_Work required_
The lines from the start of the data through the line containing "unfolding same_codes" are to be reproduced exactly, both ends included.

-*-*-

-- ===== src/Ioc/References.antt =====
-- The references of an indicator's verdict: `extract_candidate_urls` and `validate_references` of
-- backend/apps/agentic/ioc/service.py. The host that `urlparse` finds in a URL is an argument.
use soc_one.Base.{
  ℕ, zero, suc, ◌-◌, ◌≡◌, ap, Bool, true, false, ◌&&◌, ◌||◌, not, List, [], ◌∷◌, ◌++◌, ◌==◌, leb,
  if◌then◌else◌, any, In, ◌⊎◌, length, inl, inr, Bool-cases, arith,
}
use soc_one.Base.Texts.{
  codes, lower, strip, same_codes, is_blank, has_prefix, has_suffix, rstrip, is_one_of,
}
use soc_one.Ioc.Normalize.{Text}
use soc_one.Ioc.Injection.{Block}

-- The fields of a structured result that may hold a URL; an empty text stands for one that is no text.
pub record IntelItem : Type 0 where
  pub reference : Text
  pub url : Text
  pub permalink : Text
  pub link : Text

pub record Citation : Type 0 where
  pub url : Text
  pub title : Text
  pub reputable : Bool

abbrev pub listed : List Text → Text → Bool
listed texts text = any (λ t. same_codes t text) texts

-- `if text not in texts: texts.append(text)`
unfoldable pub append_new : Text → List Text → List Text
unfolding same_codes
append_new text texts = if listed texts text then texts else texts ++ text ∷ []

abbrev is_space : ℕ → Bool
is_space c = c == 32 || (leb 9 c && leb c 13) || (leb 28 c && leb c 31)

-- `[^\s"'<>)\]]`
abbrev is_url_char : ℕ → Bool
is_url_char c = not (is_space c || is_one_of c (34 ∷ 39 ∷ codes "<>)]"))

abbrev scheme_length : Text → ℕ
scheme_length text =
    if has_prefix (codes "http://") text
    then 7
    else if has_prefix (codes "https://") text
    then 8
    else 0

abbrev drop : ℕ → Text → Text
drop zero text = text
drop (suc n) [] = []
drop (suc n) (c ∷ cs) = drop n cs

abbrev head_is_url_char : Text → Bool
head_is_url_char [] = false
head_is_url_char (c ∷ cs) = is_url_char c

-- `https?://[^\s"'<>)\]]+` at the beginning of the text
abbrev starts_url : Text → Bool
starts_url text =
    let n = scheme_length text in if n == 0 then false else head_is_url_char (drop n text)

unfoldable pub url_run : Text → Text
url_run [] = []
url_run (c ∷ cs) = if is_url_char c then c ∷ url_run cs else []

-- `url_re.findall(text)`; the first argument is how much of a match is still to be passed over. No
-- character of a scheme ends a match.
unfoldable pub find_urls : ℕ → Text → List Text
unfolding url_run has_prefix
find_urls skip [] = []
find_urls (suc skip) (c ∷ cs) = find_urls skip cs
find_urls zero (c ∷ cs) =
    let hit = starts_url (c ∷ cs) in
    let match = url_run (c ∷ cs) in
    let rest = find_urls (if hit then length match - 1 else 0) cs in
    if hit then match ∷ rest else rest

unfoldable pub add_matches : List Text → List Text → List Text
unfolding append_new rstrip
add_matches [] candidates = candidates
add_matches (match ∷ matches) candidates =
    add_matches matches (append_new (rstrip (codes ".,;") match) candidates)

unfoldable pub add_blocks : List Block → List Text → List Text
unfolding find_urls add_matches
add_blocks [] candidates = candidates
add_blocks (block ∷ blocks) candidates =
    add_blocks blocks (add_matches (find_urls 0 block.content) candidates)

unfoldable pub add_link : Text → List Text → List Text
unfolding append_new has_prefix
add_link value candidates =
    if has_prefix (codes "http://") value || has_prefix (codes "https://") value
    then append_new value candidates
    else candidates

unfoldable pub add_items : List IntelItem → List Text → List Text
unfolding add_link
add_items [] candidates = candidates
add_items (item ∷ items) candidates = add_items items (
    add_link item.link
      (add_link item.permalink (add_link item.url (add_link item.reference candidates))))

unfoldable pub extract_candidate_urls : List Block → List IntelItem → List Text
unfolding add_blocks add_items
extract_candidate_urls blocks structured = add_items structured (add_blocks blocks [])

abbrev reputable_of : List Text → List Text
reputable_of [] = []
reputable_of (item ∷ items) =
    let rest = reputable_of items in
    if is_blank (strip item) then rest else lower (strip item) ∷ rest

module _ (hostname : Text → Text) where
  unfoldable pub domain_of : Text → Text
  unfolding lower
  domain_of url = lower (hostname url)

  unfoldable pub is_reputable : List Text → Text → Bool
  unfolding domain_of same_codes has_suffix lower strip
  is_reputable domains url =
      any
        (λ item. same_codes (domain_of url) item || has_suffix (codes "." ++ item) (domain_of url))
        (reputable_of domains)

  -- The kept and the rejected references.
  unfoldable pub validate_references :
      List Citation → List Text → List Text → List Citation × List Citation
  unfolding is_reputable strip same_codes
  validate_references [] candidates domains = ([], [])
  validate_references (reference ∷ references) candidates domains =
      let rest = validate_references references candidates domains in
      let url = strip reference.url in
      if is_blank url || not (listed candidates url)
      then (rest.0, reference ∷ rest.1)
      else (record reference { reputable = is_reputable domains url } ∷ rest.0, rest.1)

-- A kept reference's URL is one of the candidates, and no reference is lost.
abbrev pub IsRetrieved : List Text → Citation → Type 0
IsRetrieved candidates c = listed candidates (strip c.url) ≡ true

module _ (hostname : Text → Text) (candidates domains : List Text) where
  pub validate_references-IsRetrieved :
      (references : List Citation) (c : Citation)
      → In c (validate_references hostname references candidates domains).0
      → IsRetrieved candidates c
  unfolding validate_references
  validate_references-IsRetrieved [] c i = elim i [ ]
  validate_references-IsRetrieved (r ∷ references) c i =
      let rest = validate_references hostname references candidates domains in
      let out = is_blank (strip r.url) || not (listed candidates (strip r.url)) in
      elim (Bool-cases out) [
        | inl e ↦ validate_references-IsRetrieved references c (rw e at i)
        | inr e ↦
            let kept = record r { reputable = is_reputable hostname domains (strip r.url) } in
            let j : (c ≡ kept) ⊎ In c rest.0 = rw e at i in
            elim j [
              | inl same ↦
                  let url : c.url ≡ r.url = ap (λ (z : Citation). z.url) same in
                  rw url (ground (arith, e))
              | inr k ↦ validate_references-IsRetrieved references c k
            ]
      ]
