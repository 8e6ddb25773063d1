-- ===== src/Ioc/Sources.antt =====
-- The sources of `verify_indicator` in backend/apps/agentic/ioc/service.py, and its data. The providers, the
-- MCP servers, the model and the packages are arguments; confidences are hundredths, times seconds. The
-- notes and the model's other remarks on an indicator are only passed on and left out.
use soc_one.Base.{
  ℕ, Bool, Option, none, some, List, [], ◌∷◌, ◌++◌, String, leb, if◌then◌else◌, first, length, any,
}
use soc_one.Base.Sort.{sort_by}
use soc_one.Base.Texts.{is_blank, codes, lower, is_part, text_le}
use soc_one.Ioc.Normalize.{Text, IocType, ip, domain, url, email, is_hash, AddressBook}
use soc_one.Ioc.Injection.{Block, Flag}
use soc_one.Ioc.References.{IntelItem, Citation}

pub data Verdict : Type 0 where
  malicious suspicious benign no_verdict : Verdict

pub record IocVerification : Type 0 where
  pub indicator_type : IocType
  pub indicator_value : Text
  pub verdict : Verdict
  pub confidence : ℕ
  pub is_internal : Bool
  pub references : List Citation
  pub rejected_references : List Citation
  pub sources_used : List Text
  pub injection_flags : List Flag
  pub error : String
  pub expires_at : ℕ

pub record Config : Type 0 where
  pub enabled : Bool
  pub internal_networks : List Text
  pub internal_domains : List Text
  pub internal_sources_only : Bool
  pub max_web_results : ℕ
  pub rate_limit_per_minute : ℕ
  pub reputable_domains : List Text
  pub ttl_hash_hours : ℕ
  pub ttl_ip_hours : ℕ
  pub ttl_domain_hours : ℕ
  pub ttl_url_hours : ℕ
  pub ttl_email_hours : ℕ

-- An MCP server, its tools in the order in which the set runs; `none` is an `McpError`.
pub record Client : Type 0 where
  pub name : Text
  pub allowed_tools : List Text
  pub call_tool : Text → Text → Option (List Text)

-- What the model says; `none` stands for a verdict that is no `IocVerdict`.
pub record Output : Type 0 where
  pub verdict : Option Verdict
  pub confidence : ℕ
  pub references : List Citation

pub data Synthesis : Type 0 where
  answered : Output → Synthesis
  not_structured : String → Synthesis
  no_prompt : String → Synthesis

-- The world around; a provider that fails returns no result.
pub record Services : Type 1 where
  pub book : AddressBook
  pub structured : IocType → Text → List IntelItem
  pub clients : List Client
  pub scan : Text → List Text
  pub hostname : Text → Text
  pub synthesise : IocType → Text → List IntelItem → List Text → Text → Synthesis

-- What leaves the organisation: a look-up by the providers, a query to an MCP server, a call of the model.
pub data Asked : Type 0 where
  intel : IocType → Text → Asked
  web : Text → Text → Asked
  model : Text → Asked

-- The table, the minute's counter, and what has been asked, latest first.
pub record State : Type 0 where
  pub table : List IocVerification
  pub minute_count : ℕ
  pub asked : List Asked

unfoldable pub ttl_for : IocType → Config → ℕ
unfolding is_hash
ttl_for kind config = if is_hash kind then config.ttl_hash_hours else elim kind [
  | ip ↦ config.ttl_ip_hours
  | domain ↦ config.ttl_domain_hours
  | url ↦ config.ttl_url_hours
  | email ↦ config.ttl_email_hours
  | _ ↦ config.ttl_domain_hours
]

abbrev search_tool_hints : List Text
search_tool_hints =
    codes "search"
    ∷ codes "web_search"
    ∷ codes "brave_web_search"
    ∷ codes "tavily_search"
    ∷ codes "fetch_search"
    ∷ []

abbrev is_search_tool : Text → Bool
is_search_tool tool = any (λ hint. is_part hint (lower tool)) search_tool_hints

-- An empty name counts as none.
abbrev first_of : List Text → Option Text
first_of [] = none
first_of (t ∷ ts) = if is_blank t then none else some t

unfoldable pub search_tool_for : Client → Option Text
unfolding is_part lower sort_by text_le
search_tool_for client = elim (first is_search_tool client.allowed_tools) [
  | some tool ↦ some tool
  | none ↦ first_of (sort_by text_le client.allowed_tools)
]

abbrev pub queries_for : Text → List Text
queries_for value =
    (value ++ codes " malicious indicator analysis")
    ∷ (value ++ codes " threat intelligence report")
    ∷ []

-- The innermost loop.
unfoldable pub add_results : Text → ℕ → List Text → List Block → List Block
add_results name most [] blocks = blocks
add_results name most (item ∷ items) blocks =
    let more = blocks ++ record { source = name; content = item } ∷ [] in
    let rest = add_results name most items more in if leb most (length more) then more else rest

-- What a call adds: nothing where it fails.
abbrev pub gathered : Text → ℕ → Option (List Text) → List Block → List Block
gathered name most none blocks = blocks
gathered name most (some items) blocks = add_results name most items blocks

-- What is collected, and what was asked, latest first.
abbrev pub WebEvidence : Type 0
WebEvidence = List Block × List Asked

unfoldable pub ask_queries : Client → Text → ℕ → List Text → WebEvidence → WebEvidence
unfolding add_results
ask_queries client tool most [] (blocks, asked) = (blocks, asked)
ask_queries client tool most (query ∷ queries) (blocks, asked) =
    let results = client.call_tool tool query in
    let now_asked = web client.name query ∷ asked in
    let added = gathered client.name most results blocks in
    let rest = ask_queries client tool most queries (added, now_asked) in
    if leb most (length blocks)
    then (blocks, asked)
    else elim results [ none ↦ (blocks, now_asked) | some items ↦ rest ]

unfoldable pub ask_clients : List Client → List Text → ℕ → WebEvidence → WebEvidence
unfolding search_tool_for ask_queries
ask_clients [] queries most found = found
ask_clients (client ∷ clients) queries most found = elim (search_tool_for client) [
  | none ↦ ask_clients clients queries most found
  | some tool ↦ ask_clients clients queries most (ask_queries client tool most queries found)
]

unfoldable pub collect_web_evidence : Services → Text → Config → List Asked → WebEvidence
unfolding ask_clients
collect_web_evidence services value config asked =
    ask_clients services.clients (queries_for value) config.max_web_results ([], asked)
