-- ===== src/Ioc/Verify.antt =====
-- `verify_indicator` of backend/apps/agentic/ioc/service.py; `now` is the clock.
pub mod Requests
pub mod Safety
pub mod Invariant
use soc_one.Base.{
  ℕ, zero, suc, ◌+◌, ◌*◌, ◌≡◌, Bool, true, false, ◌&&◌, ◌||◌, not, Option, none, some, List, [],
  ◌∷◌, ◌++◌, String, ◌==◌, leb, ltb, min, if◌then◌else◌, first, take, length, map, any,
}
use soc_one.Base.Sort.{sort_by}
use soc_one.Base.Texts.{codes, same_codes, is_blank, text_le}
use soc_one.Ioc.Normalize.{
  Text, IocType, ip, domain, url, md5, sha1, sha256, email, unknown, classify, is_internal,
}
use soc_one.Ioc.Injection.{Block, Flag, wrap_untrusted}
use soc_one.Ioc.References.{
  IntelItem, Citation, append_new, extract_candidate_urls, validate_references,
}
use soc_one.Ioc.Sources.{
  Verdict, malicious, suspicious, benign, no_verdict, IocVerification, Config, Services, Output,
  Synthesis, answered, not_structured, no_prompt, Asked, intel, web, model, State, ttl_for,
  WebEvidence, collect_web_evidence,
}

unfoldable pub type_code : IocType → ℕ
type_code ip = 0
type_code domain = 1
type_code url = 2
type_code md5 = 3
type_code sha1 = 4
type_code sha256 = 5
type_code email = 6
type_code unknown = 7

abbrev pub is_of : IocType → Text → IocVerification → Bool
is_of kind value r =
    type_code r.indicator_type == type_code kind && same_codes r.indicator_value value

abbrev pub blank_row : IocType → Text → IocVerification
blank_row kind value = record {
  indicator_type = kind;
  indicator_value = value;
  verdict = no_verdict;
  confidence = 0;
  is_internal = false;
  references = [];
  rejected_references = [];
  sources_used = [];
  injection_flags = [];
  error = "";
  expires_at = 0;
}

-- `update_or_create`: the fields that the call names go into the row of the indicator, or into a new one.
-- The row, and the table.
unfoldable pub upsert :
    IocType
    → Text
    → (IocVerification → IocVerification)
    → List IocVerification
    → IocVerification × List IocVerification
unfolding type_code same_codes
upsert kind value change [] = let row = change (blank_row kind value) in (row, row ∷ [])
upsert kind value change (r ∷ table) =
    let rest = upsert kind value change table in
    if is_of kind value r then (change r, change r ∷ table) else (rest.0, r ∷ rest.1)

abbrev pub Answered : Type 0
Answered = IocVerification × State

-- `_store`
unfoldable pub store :
    ℕ → IocType → Text → ℕ → (IocVerification → IocVerification) → State → Answered
unfolding upsert
store now kind value ttl_hours change state =
    let expires = now + 3600 * ttl_hours in
    let done = upsert kind value (λ r. record (change r) { expires_at = expires }) state.table in
    (done.0, record state { table = done.1 })

-- What the branches of `verify_indicator` name.
abbrev pub undetermined : IocVerification → IocVerification
undetermined r = record r {
  verdict = no_verdict;
  confidence = 0;
  error = "Indicator type could not be determined.";
}

abbrev pub internal_only : IocVerification → IocVerification
internal_only r = record r {
  verdict = no_verdict;
  confidence = 0;
  is_internal = true;
  sources_used = codes "internal-scope-check" ∷ [];
}

abbrev pub refused : String → IocVerification → IocVerification
refused error r = record r { verdict = no_verdict; error = error }

abbrev pub no_sources : IocVerification → IocVerification
no_sources r = record r { verdict = no_verdict; confidence = 0; sources_used = [] }

abbrev pub failed_synthesis : String → List Text → List Flag → IocVerification → IocVerification
failed_synthesis error sources flags r = record r {
  verdict = no_verdict;
  error = error;
  sources_used = sources;
  injection_flags = flags;
}

abbrev pub needs_evidence : Verdict → Bool
needs_evidence malicious = true
needs_evidence suspicious = true
needs_evidence _ = false

abbrev pub read_verdict : Option Verdict → Verdict
read_verdict none = no_verdict
read_verdict (some v) = v

-- No source, no accusation.
unfoldable pub settle_verdict : Verdict → List Citation → Verdict × String
settle_verdict verdict [] =
    if needs_evidence verdict
    then (no_verdict, "Verdict downgraded to unknown: no retrievable reference supported it.")
    else (verdict, "")
settle_verdict verdict (kept ∷ more) = (verdict, "")

abbrev pub concluded :
    Output
    → List Citation × List Citation
    → List Text
    → List Flag
    → IocVerification
    → IocVerification
concluded output (kept, rejected) sources flags r =
    let (verdict, error) = settle_verdict (read_verdict output.verdict) kept in
    record r {
      verdict = verdict;
      confidence = min output.confidence 100;
      references = kept;
      rejected_references = rejected;
      sources_used = sources;
      injection_flags = flags;
      error = error;
    }

module _ (services : Services) (config : Config) (now : ℕ) where
  -- After the call of the model.
  unfoldable pub conclude :
      IocType → Text → List Text → List Text → List Flag → Synthesis → State → Answered
  unfolding store validate_references settle_verdict ttl_for
  conclude kind value candidates sources flags (answered output) state =
      store now kind value (ttl_for kind config)
        (concluded output
          (validate_references services.hostname output.references candidates
            config.reputable_domains)
          sources flags)
        state
  conclude kind value candidates sources flags (not_structured error) state =
      store now kind value 1 (failed_synthesis error sources flags) state
  conclude kind value candidates sources flags (no_prompt error) state =
      store now kind value 1 (refused error) state

  abbrev names_of : List Block → List Text → List Text
  names_of [] names = names
  names_of (block ∷ blocks) names = names_of blocks (append_new block.source names)

  abbrev pub sources_of : List IntelItem → List Block → List Text
  sources_of structured blocks =
      let names = sort_by text_le (names_of blocks []) in
      elim structured [ [] ↦ names | item ∷ items ↦ codes "threat_intel" ∷ names ]

  unfoldable pub synthesise_from : IocType → Text → List IntelItem → List Block → State → Answered
  unfolding conclude wrap_untrusted extract_candidate_urls append_new sort_by
  synthesise_from kind value structured blocks state =
      let (text, flags) = wrap_untrusted services.scan blocks in
      let candidates = extract_candidate_urls blocks structured in
      let synthesis = services.synthesise kind value structured candidates text in
      conclude kind value candidates (sources_of structured blocks) flags synthesis
        (record state { asked = model value ∷ state.asked })

  abbrev pub nothing_found : List IntelItem → List Block → Bool
  nothing_found [] [] = true
  nothing_found [] (block ∷ blocks) = false
  nothing_found (item ∷ items) blocks = false

  -- With all that was found.
  unfoldable pub settle_found : IocType → Text → List IntelItem → WebEvidence → State → Answered
  unfolding synthesise_from store ttl_for
  settle_found kind value structured (blocks, asked) state =
      let after = record state { asked = asked } in
      if nothing_found structured blocks
      then store now kind value (ttl_for kind config) no_sources after
      else synthesise_from kind value structured blocks after

  abbrev pub web_evidence : Text → List Asked → WebEvidence
  web_evidence value asked =
      if config.internal_sources_only
      then ([], asked)
      else collect_web_evidence services value config asked

  -- With the structured results at hand.
  unfoldable pub ask_web : IocType → Text → List IntelItem → State → Answered
  unfolding settle_found collect_web_evidence
  ask_web kind value structured state =
      settle_found kind value structured (web_evidence value state.asked) state

  -- Behind the scope check and the cache.
  unfoldable pub look_up : IocType → Text → State → Answered
  unfolding ask_web store
  look_up kind value state =
      let counted = record state { minute_count = suc state.minute_count } in
      if not config.enabled
      then store now kind value 1 (refused "IOC verification is disabled.") state
      else if ltb config.rate_limit_per_minute counted.minute_count
      then store now kind value 1 (refused "Rate limit reached for IOC verification.") counted
      else ask_web kind value (services.structured kind value)
          (record counted { asked = intel kind value ∷ counted.asked })

  unfoldable pub get_cached : IocType → Text → List IocVerification → Option IocVerification
  unfolding type_code same_codes
  get_cached kind value table = elim (first (is_of kind value) table) [
    | none ↦ none
    | some r ↦ if ltb now r.expires_at then some r else none
  ]

  abbrev pub cached_or : Option IocVerification → IocType → Text → State → Answered
  cached_or none kind value state = look_up kind value state
  cached_or (some r) kind value state = (r, state)

  unfoldable pub verify_classified : IocType → Text → Text → Bool → State → Answered
  unfolding is_internal store get_cached look_up ttl_for type_code
  verify_classified kind value raw force state =
      if type_code kind == 7 || is_blank value
      then store now unknown (take 1000 raw) 1 undetermined state
      else if is_internal services.book kind value config.internal_networks config.internal_domains
      then store now kind value (ttl_for kind config) internal_only state
      else cached_or (if force then none else get_cached kind value state.table) kind value state

  unfoldable pub verify_indicator : Text → Bool → State → Answered
  unfolding classify verify_classified
  verify_indicator raw force state =
      let (kind, value) = classify services.book raw in verify_classified kind value raw force state
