-- ===== src/Ioc/Batch.antt =====
-- `verify_bulk` and `verify_for_case` of backend/apps/agentic/ioc/service.py.
use soc_one.Base.{
  ℕ, suc, ◌≤◌, ◌≡◌, Bool, false, ◌||◌, List, [], ◌∷◌, ◌++◌, ◌==◌, leb, if◌then◌else◌, length,
  length-append, max, arith, Bool-cases, ◌<◌, inl, inr,
}
use soc_one.Base.Texts.{strip, is_blank}
use soc_one.Ioc.Normalize.{Text, classify}
use soc_one.Ioc.References.{listed}
use soc_one.Ioc.Sources.{IocVerification, Config, Services, State}
use soc_one.Ioc.Verify.{type_code, verify_indicator}

-- The answers so far, the values seen, and the state.
pub record Batch : Type 0 where
  pub records : List IocVerification
  pub seen : List Text
  pub state : State

below_limit : (limit n : ℕ) → leb limit n ≡ false → n < max 1 limit
below_limit limit n h = ground arith

module _ (services : Services) (config : Config) (now : ℕ) where
  unfoldable pub verify_bulk : List Text → Bool → State → List IocVerification × State
  unfolding verify_indicator
  verify_bulk [] force state = ([], state)
  verify_bulk (value ∷ values) force state =
      let (row, after) = verify_indicator services config now value force state in
      let (rows, last) = verify_bulk values force after in (row ∷ rows, last)

  -- The look-up of one artifact's value, not seen before.
  unfoldable pub verify_artifact : Text → Batch → Batch
  unfolding verify_indicator
  verify_artifact value batch =
      let (row, after) =
        verify_indicator services config now (classify services.book value).1 false batch.state in
      record { records = batch.records ++ row ∷ []; seen = value ∷ batch.seen; state = after }

  abbrev is_skipped : Text → List Text → Bool
  is_skipped value seen =
      is_blank value || listed seen value || type_code (classify services.book value).0 == 7

  -- The loop over the values of all artifacts of the Case's alerts.
  unfoldable pub verify_artifacts : ℕ → List Text → Batch → Batch
  unfolding verify_artifact strip type_code classify
  verify_artifacts limit [] batch = batch
  verify_artifacts limit (raw ∷ values) batch =
      let more = verify_artifact (strip raw) batch in
      let next =
        if leb limit (length more.records) then more else verify_artifacts limit values more in
      let rest = verify_artifacts limit values batch in
      if is_skipped (strip raw) batch.seen then rest else next

  unfoldable pub verify_for_case : ℕ → List Text → State → List IocVerification × State
  unfolding verify_artifacts
  verify_for_case limit values state =
      let batch = verify_artifacts limit values record { records = []; seen = []; state = state } in
      (batch.records, batch.state)

  verify_artifact-length :
      (value : Text) (batch : Batch)
      → length (verify_artifact value batch).records ≡ suc (length batch.records)
  unfolding verify_artifact
  verify_artifact-length value batch = rw (length-append batch.records) (omega arith)

  verify_artifacts-length :
      (limit : ℕ) (values : List Text) (batch : Batch)
      → (length batch.records < max 1 limit)
      → length (verify_artifacts limit values batch).records ≤ max 1 limit
  unfolding verify_artifacts
  verify_artifacts-length limit [] batch h = omega (arith, h)
  verify_artifacts-length limit (raw ∷ values) batch h =
      let more = verify_artifact (strip raw) batch in
      let one = verify_artifact-length (strip raw) batch in
      elim (Bool-cases (is_skipped (strip raw) batch.seen)) [
        | inl e ↦ rw e (verify_artifacts-length limit values batch h)
        | inr e ↦ rw e (elim (Bool-cases (leb limit (length more.records))) [
          | inl f ↦ rw f (omega (arith, one, h))
          | inr f ↦ rw f (
              verify_artifacts-length limit values more (below_limit limit (length more.records) f))
        ])
      ]

  -- A Case has at most as many of its indicators verified as the limit says, and one where that is 0.
  pub verify_for_case-length :
      (limit : ℕ) (values : List Text) (state : State)
      → length (verify_for_case limit values state).0 ≤ max 1 limit
  unfolding verify_for_case
  verify_for_case-length limit values state =
      verify_artifacts-length limit values record { records = []; seen = []; state = state }
        (ground arith)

-*-*-

_Task solution_
-- ===== src/Ioc/References.antt =====
-- The references of an indicator's verdict: `extract_candidate_urls` and `validate_references` of
-- backend/apps/agentic/ioc/service.py. The host that `urlparse` finds in a URL is an argument.
use soc_one.Base.{
  ℕ, zero, suc, ◌-◌, ◌≡◌, ap, Bool, true, false, ◌&&◌, ◌||◌, not, List, [], ◌∷◌, ◌++◌, ◌==◌, leb,
  if◌then◌else◌, any, In, ◌⊎◌, length, inl, inr, Bool-cases, arith,
}
use soc_one.Base.Texts.{
  codes, lower, strip, same_codes, is_blank, has_prefix, has_suffix, rstrip, is_one_of,
}
use soc_one.Ioc.Normalize.{Text}
use soc_one.Ioc.Injection.{Block}

-- The fields of a structured result that may hold a URL; an empty text stands for one that is no text.
pub record IntelItem : Type 0 where
  pub reference : Text
  pub url : Text
  pub permalink : Text
  pub link : Text

pub record Citation : Type 0 where
  pub url : Text
  pub title : Text
  pub reputable : Bool

abbrev pub listed : List Text → Text → Bool
listed texts text = any (λ t. same_codes t text) texts

-- `if text not in texts: texts.append(text)`
unfoldable pub append_new : Text → List Text → List Text
unfolding same_codes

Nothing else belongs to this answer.